_What the task asks_
All of the data is to be printed again exactly as it appears.

————

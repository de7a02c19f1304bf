-- ===== src/Sql/Descent/Loop.antt =====
-- parser/sql.lalrpop: a loop over items reads what left recursion derives, and the other way round.
use kui_ba_db.Base.{
  ℕ, zero, suc, ◌<◌, ◌≡◌, refl, sym, ap, ◌∙◌, arith, Bool, true, false, Option, none, some, length,
  List, [], ◌∷◌,
}
use mathlib.Core.Path.{subst}
use kui_ba_db.Sql.Grammar.{Token, punct, Spanned, Input, step, take_first, Eats}
use kui_ba_db.Sql.Descent.{
  Parser, punctuation, marked_by, after_item, after_mark, loop, after_first, sequence,
}

-- A terminal takes a token.
take_first-length :
    (t : Token) (ts : List Spanned) (b : Input)
    → take_first ts ≡ some (t, b)
    → length ts ≡ suc (length b.rest)
unfolding take_first
take_first-length t [] b e = cc
take_first-length t (x ∷ ts) b e = let r : ts ≡ b.rest = ground arith in rw r refl

-- A terminal takes a token.
pub Eats-size : (t : Token) (a b : Input) → Eats t a b → length a.rest ≡ suc (length b.rest)
unfolding step
Eats-size t a b e = take_first-length t a.rest b e

pub punctuation-Eats :
    (is : ℕ → Bool) (a b : Input) (o : ℕ)
    → punctuation is a ≡ some (o, b)
    → Eats (punct o) a b × (is o ≡ true)
unfolding punctuation marked_by
punctuation-Eats is a b o e = go (step a) refl e
  where
    go :
        (r : Option (Token × Input))
        → step a ≡ r
        → marked_by is r ≡ some (o, b)
        → (step a ≡ some (punct o, b)) × (is o ≡ true)
    go none at h = unfold marked_by in cc
    go (some (punct c, d)) at h = unfold marked_by in ground arith
    go (some (Token.keyword k, d)) at h = unfold marked_by in cc
    go (some (Token.lowercase_id v, d)) at h = unfold marked_by in cc
    go (some (Token.id v, d)) at h = unfold marked_by in cc
    go (some (Token.decimal v, d)) at h = unfold marked_by in cc
    go (some (Token.integer v, d)) at h = unfold marked_by in cc
    go (some (Token.xb v, d)) at h = unfold marked_by in cc

pub Eats-punctuation :
    (is : ℕ → Bool) (a b : Input) (o : ℕ)
    → Eats (punct o) a b
    → is o ≡ true
    → punctuation is a ≡ some (o, b)
unfolding punctuation marked_by
Eats-punctuation is a b o e h = rw (e, h) refl

pub Eats-not_punctuation :
    (is : ℕ → Bool) (a b : Input) (o : ℕ)
    → Eats (punct o) a b
    → is o ≡ false
    → punctuation is a ≡ none
unfolding punctuation marked_by
Eats-not_punctuation is a b o e h = rw (e, h) refl

module _ {I A : Type 0} (is : ℕ → Bool) (item : Parser I)
    (join : Input → A → ℕ → I → Input → A) where
  -- What was read from `a` is `acc`, and the loop goes on behind it with enough fuel.
  pub record Follows (start : I → A) (a b : Input) (acc : A) : Type 0 where
    pub fuel : ℕ
    pub enough : length b.rest < fuel
    pub follows : sequence is item join start a ≡ loop is item join fuel a acc b

  pub Follows-first :
      (start : I → A) (a b : Input) (x : I) → item a ≡ some (x, b) → Follows start a b (start x)
  unfolding sequence after_first
  Follows-first start a b x e = record {
    fuel = suc (length b.rest);
    enough = omega arith;
    follows = rw e refl;
  }

  pub Follows-next :
      (start : I → A) (a b c d : Input) (acc : A) (o : ℕ) (x : I)
      → Follows start a b acc
      → Eats (punct o) b c
      → is o ≡ true
      → item c ≡ some (x, d)
      → length d.rest < length c.rest
      → Follows start a d (join a acc o x d)
  Follows-next start a b c d acc o x f e h i less = go f.fuel f.enough f.follows
    where
      go :
          (k : ℕ)
          → length b.rest < k
          → sequence is item join start a ≡ loop is item join k a acc b
          → Follows start a d (join a acc o x d)
      go zero lt eq = absurd (omega arith)
      go (suc k) lt eq = record {
        fuel = k;
        enough = omega (arith, Eats-size (punct o) b c e);
        follows =
            eq ∙ (unfold loop after_mark after_item in rw (Eats-punctuation is b c o e h, i) refl);
      }

  pub Follows-end :
      (start : I → A) (a b : Input) (acc : A)
      → Follows start a b acc
      → punctuation is b ≡ none
      → sequence is item join start a ≡ some (acc, b)
  Follows-end start a b acc f e = go f.fuel f.enough f.follows
    where
      go :
          (k : ℕ)
          → length b.rest < k
          → sequence is item join start a ≡ loop is item join k a acc b
          → sequence is item join start a ≡ some (acc, b)
      go zero lt eq = absurd (omega arith)
      go (suc k) lt eq = eq ∙ (unfold loop after_mark in rw e refl)

  -- What the loop returns is derived, if the first item and each next one is.
  module _ (start : I → A) (D : Input → Input → I → Type 0) (E : Input → Input → A → Type 0)
      (first : (a b : Input) (x : I) → D a b x → E a b (start x))
      (next : (a b c d : Input) (acc : A) (o : ℕ) (x : I)
        → E a b acc
        → Eats (punct o) b c
        → is o ≡ true
        → D c d x
        → E a d (join a acc o x d))
      (sound : (a b : Input) (x : I) → item a ≡ some (x, b) → D a b x) where
    after_mark_sound :
        (go : A → Input → Option (A × Input)) (a b d : Input) (acc x : A) (m : Option (ℕ × Input))
        → ((acc' : A) (b' : Input)
            → E a b' acc'
            → go acc' b' ≡ some (x, d)
            → E a d x × (punctuation is d ≡ none))
        → E a b acc
        → punctuation is b ≡ m
        → after_mark is item join go a acc b m ≡ some (x, d)
        → E a d x × (punctuation is d ≡ none)
    unfolding after_mark
    after_mark_sound go a b d acc x none ih e at h =
        let y : acc ≡ x = ground arith in
        let z : b ≡ d = ground arith in
        (subst (λ t. E a t x) z (subst (λ t. E a b t) y e), ap (punctuation is) (sym z) ∙ at)
    after_mark_sound go a b d acc x (some (o, c)) ih e at h = item_read (item c) refl h
      where
        item_read :
            (r : Option (I × Input))
            → item c ≡ r
            → after_item is item join go a acc o r ≡ some (x, d)
            → E a d x × (punctuation is d ≡ none)
        item_read none got h = unfold after_item in cc
        item_read (some (y, b')) got h =
            let (eats, yes_mark) = punctuation-Eats is b c o at in
            ih (join a acc o y b') b' (next a b c b' acc o y e eats yes_mark (sound c b' y got))
              (unfold after_item in h)

    loop_sound :
        (k : ℕ) (a b d : Input) (acc x : A)
        → E a b acc
        → loop is item join k a acc b ≡ some (x, d)
        → E a d x × (punctuation is d ≡ none)
    unfolding loop
    loop_sound zero a b d acc x e h = cc
    loop_sound (suc k) a b d acc x e h =
        after_mark_sound (loop is item join k a) a b d acc x (punctuation is b)
          (λ acc' b' e' h'. loop_sound k a b' d acc' x e' h') e refl h

    pub sequence_sound :
        (a b : Input) (x : A)
        → sequence is item join start a ≡ some (x, b)
        → E a b x × (punctuation is b ≡ none)
    unfolding sequence
    sequence_sound a b x h = go (item a) refl h
      where
        go :
            (r : Option (I × Input))
            → item a ≡ r
            → after_first is item join start a r ≡ some (x, b)
            → E a b x × (punctuation is b ≡ none)
        go none at h = unfold after_first in cc
        go (some (y, c)) at h =
            loop_sound (suc (length c.rest)) a c b (start y) x (first a c y (sound a c y at))
              (unfold after_first in h)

————

_Answer to this task_
repository de7a02c19f1304bf
-- ===== src/Sql/Descent/Loop.antt =====
-- parser/sql.lalrpop: a loop over items reads what left recursion derives, and the other way round.
use kui_ba_db.Base.{
  ℕ, zero, suc, ◌<◌, ◌≡◌, refl, sym, ap, ◌∙◌, arith, Bool, true, false, Option, none, some, length,
  List, [], ◌∷◌,
}
use mathlib.Core.Path.{subst}
use kui_ba_db.Sql.Grammar.{Token, punct, Spanned, Input, step, take_first, Eats}
use kui_ba_db.Sql.Descent.{
  Parser, punctuation, marked_by, after_item, after_mark, loop, after_first, sequence,
}

-- A terminal takes a token.
take_first-length :
    (t : Token) (ts : List Spanned) (b : Input)
    → take_first ts ≡ some (t, b)
    → length ts ≡ suc (length b.rest)
unfolding take_first
take_first-length t [] b e = cc
take_first-length t (x ∷ ts) b e = let r : ts ≡ b.rest = ground arith in rw r refl

-- A terminal takes a token.
pub Eats-size : (t : Token) (a b : Input) → Eats t a b → length a.rest ≡ suc (length b.rest)
unfolding step
Eats-size t a b e = take_first-length t a.rest b e

pub punctuation-Eats :
    (is : ℕ → Bool) (a b : Input) (o : ℕ)
    → punctuation is a ≡ some (o, b)
    → Eats (punct o) a b × (is o ≡ true)
unfolding punctuation marked_by
punctuation-Eats is a b o e = go (step a) refl e
  where
    go :
        (r : Option (Token × Input))
        → step a ≡ r
        → marked_by is r ≡ some (o, b)
        → (step a ≡ some (punct o, b)) × (is o ≡ true)
    go none at h = unfold marked_by in cc
    go (some (punct c, d)) at h = unfold marked_by in ground arith
    go (some (Token.keyword k, d)) at h = unfold marked_by in cc
    go (some (Token.lowercase_id v, d)) at h = unfold marked_by in cc
    go (some (Token.id v, d)) at h = unfold marked_by in cc
    go (some (Token.decimal v, d)) at h = unfold marked_by in cc
    go (some (Token.integer v, d)) at h = unfold marked_by in cc
    go (some (Token.xb v, d)) at h = unfold marked_by in cc

pub Eats-punctuation :
    (is : ℕ → Bool) (a b : Input) (o : ℕ)
    → Eats (punct o) a b
    → is o ≡ true
    → punctuation is a ≡ some (o, b)
unfolding punctuation marked_by
Eats-punctuation is a b o e h = rw (e, h) refl

pub Eats-not_punctuation :
    (is : ℕ → Bool) (a b : Input) (o : ℕ)
    → Eats (punct o) a b
    → is o ≡ false
    → punctuation is a ≡ none
unfolding punctuation marked_by
Eats-not_punctuation is a b o e h = rw (e, h) refl

module _ {I A : Type 0} (is : ℕ → Bool) (item : Parser I)
    (join : Input → A → ℕ → I → Input → A) where
  -- What was read from `a` is `acc`, and the loop goes on behind it with enough fuel.
  pub record Follows (start : I → A) (a b : Input) (acc : A) : Type 0 where
    pub fuel : ℕ
    pub enough : length b.rest < fuel
    pub follows : sequence is item join start a ≡ loop is item join fuel a acc b

  pub Follows-first :
      (start : I → A) (a b : Input) (x : I) → item a ≡ some (x, b) → Follows start a b (start x)
  unfolding sequence after_first
  Follows-first start a b x e = record {
    fuel = suc (length b.rest);
    enough = omega arith;
    follows = rw e refl;
  }

  pub Follows-next :
      (start : I → A) (a b c d : Input) (acc : A) (o : ℕ) (x : I)
      → Follows start a b acc
      → Eats (punct o) b c
      → is o ≡ true
      → item c ≡ some (x, d)
      → length d.rest < length c.rest
      → Follows start a d (join a acc o x d)
  Follows-next start a b c d acc o x f e h i less = go f.fuel f.enough f.follows
    where
      go :
          (k : ℕ)
          → length b.rest < k
          → sequence is item join start a ≡ loop is item join k a acc b
          → Follows start a d (join a acc o x d)
      go zero lt eq = absurd (omega arith)
      go (suc k) lt eq = record {
        fuel = k;
        enough = omega (arith, Eats-size (punct o) b c e);
        follows =
            eq ∙ (unfold loop after_mark after_item in rw (Eats-punctuation is b c o e h, i) refl);
      }

  pub Follows-end :
      (start : I → A) (a b : Input) (acc : A)
      → Follows start a b acc
      → punctuation is b ≡ none
      → sequence is item join start a ≡ some (acc, b)
  Follows-end start a b acc f e = go f.fuel f.enough f.follows
    where
      go :
          (k : ℕ)
          → length b.rest < k
          → sequence is item join start a ≡ loop is item join k a acc b
          → sequence is item join start a ≡ some (acc, b)
      go zero lt eq = absurd (omega arith)
      go (suc k) lt eq = eq ∙ (unfold loop after_mark in rw e refl)

  -- What the loop returns is derived, if the first item and each next one is.
  module _ (start : I → A) (D : Input → Input → I → Type 0) (E : Input → Input → A → Type 0)
      (first : (a b : Input) (x : I) → D a b x → E a b (start x))
      (next : (a b c d : Input) (acc : A) (o : ℕ) (x : I)
        → E a b acc
        → Eats (punct o) b c
        → is o ≡ true
        → D c d x
        → E a d (join a acc o x d))
      (sound : (a b : Input) (x : I) → item a ≡ some (x, b) → D a b x) where
    after_mark_sound :
        (go : A → Input → Option (A × Input)) (a b d : Input) (acc x : A) (m : Option (ℕ × Input))
        → ((acc' : A) (b' : Input)
            → E a b' acc'
            → go acc' b' ≡ some (x, d)
            → E a d x × (punctuation is d ≡ none))
        → E a b acc
        → punctuation is b ≡ m
        → after_mark is item join go a acc b m ≡ some (x, d)
        → E a d x × (punctuation is d ≡ none)
    unfolding after_mark
    after_mark_sound go a b d acc x none ih e at h =
        let y : acc ≡ x = ground arith in
        let z : b ≡ d = ground arith in
        (subst (λ t. E a t x) z (subst (λ t. E a b t) y e), ap (punctuation is) (sym z) ∙ at)
    after_mark_sound go a b d acc x (some (o, c)) ih e at h = item_read (item c) refl h
      where
        item_read :
            (r : Option (I × Input))
            → item c ≡ r
            → after_item is item join go a acc o r ≡ some (x, d)
            → E a d x × (punctuation is d ≡ none)
        item_read none got h = unfold after_item in cc
        item_read (some (y, b')) got h =
            let (eats, yes_mark) = punctuation-Eats is b c o at in
            ih (join a acc o y b') b' (next a b c b' acc o y e eats yes_mark (sound c b' y got))
              (unfold after_item in h)

    loop_sound :
        (k : ℕ) (a b d : Input) (acc x : A)
        → E a b acc
        → loop is item join k a acc b ≡ some (x, d)
        → E a d x × (punctuation is d ≡ none)
    unfolding loop
    loop_sound zero a b d acc x e h = cc
    loop_sound (suc k) a b d acc x e h =
        after_mark_sound (loop is item join k a) a b d acc x (punctuation is b)
          (λ acc' b' e' h'. loop_sound k a b' d acc' x e' h') e refl h

    pub sequence_sound :
        (a b : Input) (x : A)
        → sequence is item join start a ≡ some (x, b)
        → E a b x × (punctuation is b ≡ none)
    unfolding sequence
    sequence_sound a b x h = go (item a) refl h
      where
        go :
            (r : Option (I × Input))
            → item a ≡ r
            → after_first is item join start a r ≡ some (x, b)
            → E a b x × (punctuation is b ≡ none)
        go none at h = unfold after_first in cc
        go (some (y, c)) at h =
            loop_sound (suc (length c.rest)) a c b (start y) x (first a c y (sound a c y at))
              (unfold after_first in h)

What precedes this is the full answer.